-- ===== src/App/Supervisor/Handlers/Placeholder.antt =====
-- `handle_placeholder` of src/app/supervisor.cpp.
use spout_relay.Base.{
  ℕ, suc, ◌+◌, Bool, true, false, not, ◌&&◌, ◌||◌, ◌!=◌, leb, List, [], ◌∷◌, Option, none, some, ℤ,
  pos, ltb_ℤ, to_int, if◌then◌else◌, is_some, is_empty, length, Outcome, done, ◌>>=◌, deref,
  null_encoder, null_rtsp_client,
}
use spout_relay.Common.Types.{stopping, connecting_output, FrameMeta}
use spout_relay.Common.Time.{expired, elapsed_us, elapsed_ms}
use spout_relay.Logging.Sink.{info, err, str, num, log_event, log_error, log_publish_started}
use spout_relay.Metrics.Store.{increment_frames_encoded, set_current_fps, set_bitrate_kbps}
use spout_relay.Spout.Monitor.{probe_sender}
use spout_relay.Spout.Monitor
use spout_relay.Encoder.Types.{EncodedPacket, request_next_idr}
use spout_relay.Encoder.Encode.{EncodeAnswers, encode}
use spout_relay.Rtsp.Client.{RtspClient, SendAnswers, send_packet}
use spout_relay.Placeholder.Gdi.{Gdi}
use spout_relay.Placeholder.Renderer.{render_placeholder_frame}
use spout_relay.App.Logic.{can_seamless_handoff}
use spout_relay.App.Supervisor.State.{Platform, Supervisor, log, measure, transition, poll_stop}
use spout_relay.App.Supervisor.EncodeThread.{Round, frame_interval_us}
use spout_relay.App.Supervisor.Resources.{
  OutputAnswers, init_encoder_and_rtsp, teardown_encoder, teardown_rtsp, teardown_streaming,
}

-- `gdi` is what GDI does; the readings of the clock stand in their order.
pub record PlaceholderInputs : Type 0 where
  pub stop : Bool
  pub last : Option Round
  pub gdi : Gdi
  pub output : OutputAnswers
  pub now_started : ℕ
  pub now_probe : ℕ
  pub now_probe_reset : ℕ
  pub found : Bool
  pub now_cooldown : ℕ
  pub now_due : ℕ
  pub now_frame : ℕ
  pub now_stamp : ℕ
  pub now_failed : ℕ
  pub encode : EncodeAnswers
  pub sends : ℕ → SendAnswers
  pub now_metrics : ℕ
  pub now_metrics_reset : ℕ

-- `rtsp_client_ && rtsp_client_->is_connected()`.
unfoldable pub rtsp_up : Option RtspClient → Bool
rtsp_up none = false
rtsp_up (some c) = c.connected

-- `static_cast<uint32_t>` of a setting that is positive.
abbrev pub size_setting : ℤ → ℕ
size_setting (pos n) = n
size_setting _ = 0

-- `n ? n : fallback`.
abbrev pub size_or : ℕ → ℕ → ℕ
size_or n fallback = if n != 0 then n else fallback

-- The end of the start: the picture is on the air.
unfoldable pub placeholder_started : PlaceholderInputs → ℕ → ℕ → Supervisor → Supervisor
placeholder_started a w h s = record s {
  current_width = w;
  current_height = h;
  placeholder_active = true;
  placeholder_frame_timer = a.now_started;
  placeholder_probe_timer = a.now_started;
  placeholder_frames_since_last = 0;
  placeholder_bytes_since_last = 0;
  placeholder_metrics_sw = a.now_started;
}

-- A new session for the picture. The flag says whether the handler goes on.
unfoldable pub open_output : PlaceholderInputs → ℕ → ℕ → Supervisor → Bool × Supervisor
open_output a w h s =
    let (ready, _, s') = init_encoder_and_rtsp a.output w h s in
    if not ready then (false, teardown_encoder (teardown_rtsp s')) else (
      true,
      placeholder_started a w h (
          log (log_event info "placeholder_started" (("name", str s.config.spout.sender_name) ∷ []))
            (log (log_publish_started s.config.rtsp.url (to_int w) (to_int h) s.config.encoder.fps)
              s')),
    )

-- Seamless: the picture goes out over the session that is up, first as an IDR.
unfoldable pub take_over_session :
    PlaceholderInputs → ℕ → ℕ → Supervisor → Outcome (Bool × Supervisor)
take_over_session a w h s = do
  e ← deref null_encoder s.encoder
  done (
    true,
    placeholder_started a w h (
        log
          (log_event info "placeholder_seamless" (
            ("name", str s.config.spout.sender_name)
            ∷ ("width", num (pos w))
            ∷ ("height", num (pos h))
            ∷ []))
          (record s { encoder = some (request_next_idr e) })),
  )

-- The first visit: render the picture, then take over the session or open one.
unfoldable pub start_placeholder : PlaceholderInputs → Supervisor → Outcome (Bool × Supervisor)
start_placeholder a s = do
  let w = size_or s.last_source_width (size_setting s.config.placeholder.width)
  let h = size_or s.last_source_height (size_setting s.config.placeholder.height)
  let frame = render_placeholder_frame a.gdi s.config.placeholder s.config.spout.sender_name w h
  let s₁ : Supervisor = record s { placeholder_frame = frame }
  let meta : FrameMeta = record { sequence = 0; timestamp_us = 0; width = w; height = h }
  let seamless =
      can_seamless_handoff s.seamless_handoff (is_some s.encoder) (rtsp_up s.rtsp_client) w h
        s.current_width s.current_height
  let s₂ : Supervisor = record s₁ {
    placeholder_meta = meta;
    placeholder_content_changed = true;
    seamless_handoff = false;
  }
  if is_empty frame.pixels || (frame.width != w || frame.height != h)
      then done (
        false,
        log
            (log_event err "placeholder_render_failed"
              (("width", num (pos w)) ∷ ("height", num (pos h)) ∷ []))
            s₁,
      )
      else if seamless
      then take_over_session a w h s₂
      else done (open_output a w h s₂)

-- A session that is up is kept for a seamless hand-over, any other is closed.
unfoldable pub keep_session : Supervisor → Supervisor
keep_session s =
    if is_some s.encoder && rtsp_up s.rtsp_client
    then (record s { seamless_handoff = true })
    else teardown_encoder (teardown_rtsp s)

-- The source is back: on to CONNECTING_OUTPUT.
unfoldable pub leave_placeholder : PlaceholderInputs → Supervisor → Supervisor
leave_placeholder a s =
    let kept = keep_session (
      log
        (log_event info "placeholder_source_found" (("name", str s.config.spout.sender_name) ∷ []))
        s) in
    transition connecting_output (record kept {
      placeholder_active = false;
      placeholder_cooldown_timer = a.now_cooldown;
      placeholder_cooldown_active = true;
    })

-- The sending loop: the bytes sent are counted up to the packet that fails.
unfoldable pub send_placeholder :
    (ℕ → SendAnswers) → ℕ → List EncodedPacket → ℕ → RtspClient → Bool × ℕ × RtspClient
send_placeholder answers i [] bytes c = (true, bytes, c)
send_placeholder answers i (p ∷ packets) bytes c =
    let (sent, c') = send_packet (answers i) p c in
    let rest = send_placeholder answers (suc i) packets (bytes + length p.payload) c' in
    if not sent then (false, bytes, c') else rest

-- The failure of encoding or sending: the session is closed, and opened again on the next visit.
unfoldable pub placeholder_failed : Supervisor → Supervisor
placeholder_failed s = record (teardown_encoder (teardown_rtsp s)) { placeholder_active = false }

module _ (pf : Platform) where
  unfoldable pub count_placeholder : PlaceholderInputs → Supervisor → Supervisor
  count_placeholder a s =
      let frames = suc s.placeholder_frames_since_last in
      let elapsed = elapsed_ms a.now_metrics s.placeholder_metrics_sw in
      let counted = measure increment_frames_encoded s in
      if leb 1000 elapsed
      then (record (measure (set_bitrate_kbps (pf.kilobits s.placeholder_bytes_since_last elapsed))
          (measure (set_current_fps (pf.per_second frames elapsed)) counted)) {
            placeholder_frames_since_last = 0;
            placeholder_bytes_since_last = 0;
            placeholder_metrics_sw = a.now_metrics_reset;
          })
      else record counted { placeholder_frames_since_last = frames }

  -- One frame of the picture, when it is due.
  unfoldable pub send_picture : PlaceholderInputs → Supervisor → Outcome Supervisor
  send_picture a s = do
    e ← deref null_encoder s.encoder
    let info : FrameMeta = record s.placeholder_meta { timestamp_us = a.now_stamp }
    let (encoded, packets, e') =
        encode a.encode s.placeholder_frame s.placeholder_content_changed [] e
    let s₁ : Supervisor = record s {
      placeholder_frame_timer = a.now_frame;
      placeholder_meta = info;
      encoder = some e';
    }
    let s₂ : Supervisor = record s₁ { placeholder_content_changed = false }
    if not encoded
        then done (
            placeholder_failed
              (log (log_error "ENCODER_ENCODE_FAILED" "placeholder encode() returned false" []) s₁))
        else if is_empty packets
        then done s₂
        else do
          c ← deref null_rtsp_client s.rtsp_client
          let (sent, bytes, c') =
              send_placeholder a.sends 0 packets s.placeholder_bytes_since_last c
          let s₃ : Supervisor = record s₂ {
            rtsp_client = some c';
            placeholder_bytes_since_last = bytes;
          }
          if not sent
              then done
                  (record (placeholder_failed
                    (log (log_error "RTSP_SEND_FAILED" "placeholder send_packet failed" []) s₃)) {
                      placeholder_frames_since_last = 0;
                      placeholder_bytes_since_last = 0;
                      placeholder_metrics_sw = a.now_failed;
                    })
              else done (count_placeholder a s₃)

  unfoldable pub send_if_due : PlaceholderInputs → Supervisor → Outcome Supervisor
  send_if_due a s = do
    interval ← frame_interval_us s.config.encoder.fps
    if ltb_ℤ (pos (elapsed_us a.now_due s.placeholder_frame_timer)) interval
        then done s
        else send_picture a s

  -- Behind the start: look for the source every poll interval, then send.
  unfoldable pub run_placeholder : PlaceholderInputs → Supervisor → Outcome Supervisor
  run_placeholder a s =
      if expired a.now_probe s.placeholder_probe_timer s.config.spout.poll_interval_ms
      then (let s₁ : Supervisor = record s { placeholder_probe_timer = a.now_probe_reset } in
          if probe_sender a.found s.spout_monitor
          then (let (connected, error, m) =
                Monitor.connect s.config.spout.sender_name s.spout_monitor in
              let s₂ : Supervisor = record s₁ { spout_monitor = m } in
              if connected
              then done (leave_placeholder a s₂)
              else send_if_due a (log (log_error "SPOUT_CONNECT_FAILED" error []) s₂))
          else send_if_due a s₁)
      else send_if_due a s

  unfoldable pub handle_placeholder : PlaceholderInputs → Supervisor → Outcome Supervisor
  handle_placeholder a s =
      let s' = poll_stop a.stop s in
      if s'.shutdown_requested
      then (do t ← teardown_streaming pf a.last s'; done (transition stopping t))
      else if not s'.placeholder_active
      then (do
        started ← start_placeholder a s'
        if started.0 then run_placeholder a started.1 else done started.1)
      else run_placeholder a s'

========================================================================

▶ _Your goal_
Once the line containing "handle_placeholder a s" is found, output it and each line after it through the end of the listing above, exactly, with nothing else.

▶ _Completed exercise_
  handle_placeholder a s =
      let s' = poll_stop a.stop s in
      if s'.shutdown_requested
      then (do t ← teardown_streaming pf a.last s'; done (transition stopping t))
      else if not s'.placeholder_active
      then (do
        started ← start_placeholder a s'
        if started.0 then run_placeholder a started.1 else done started.1)
      else run_placeholder a s'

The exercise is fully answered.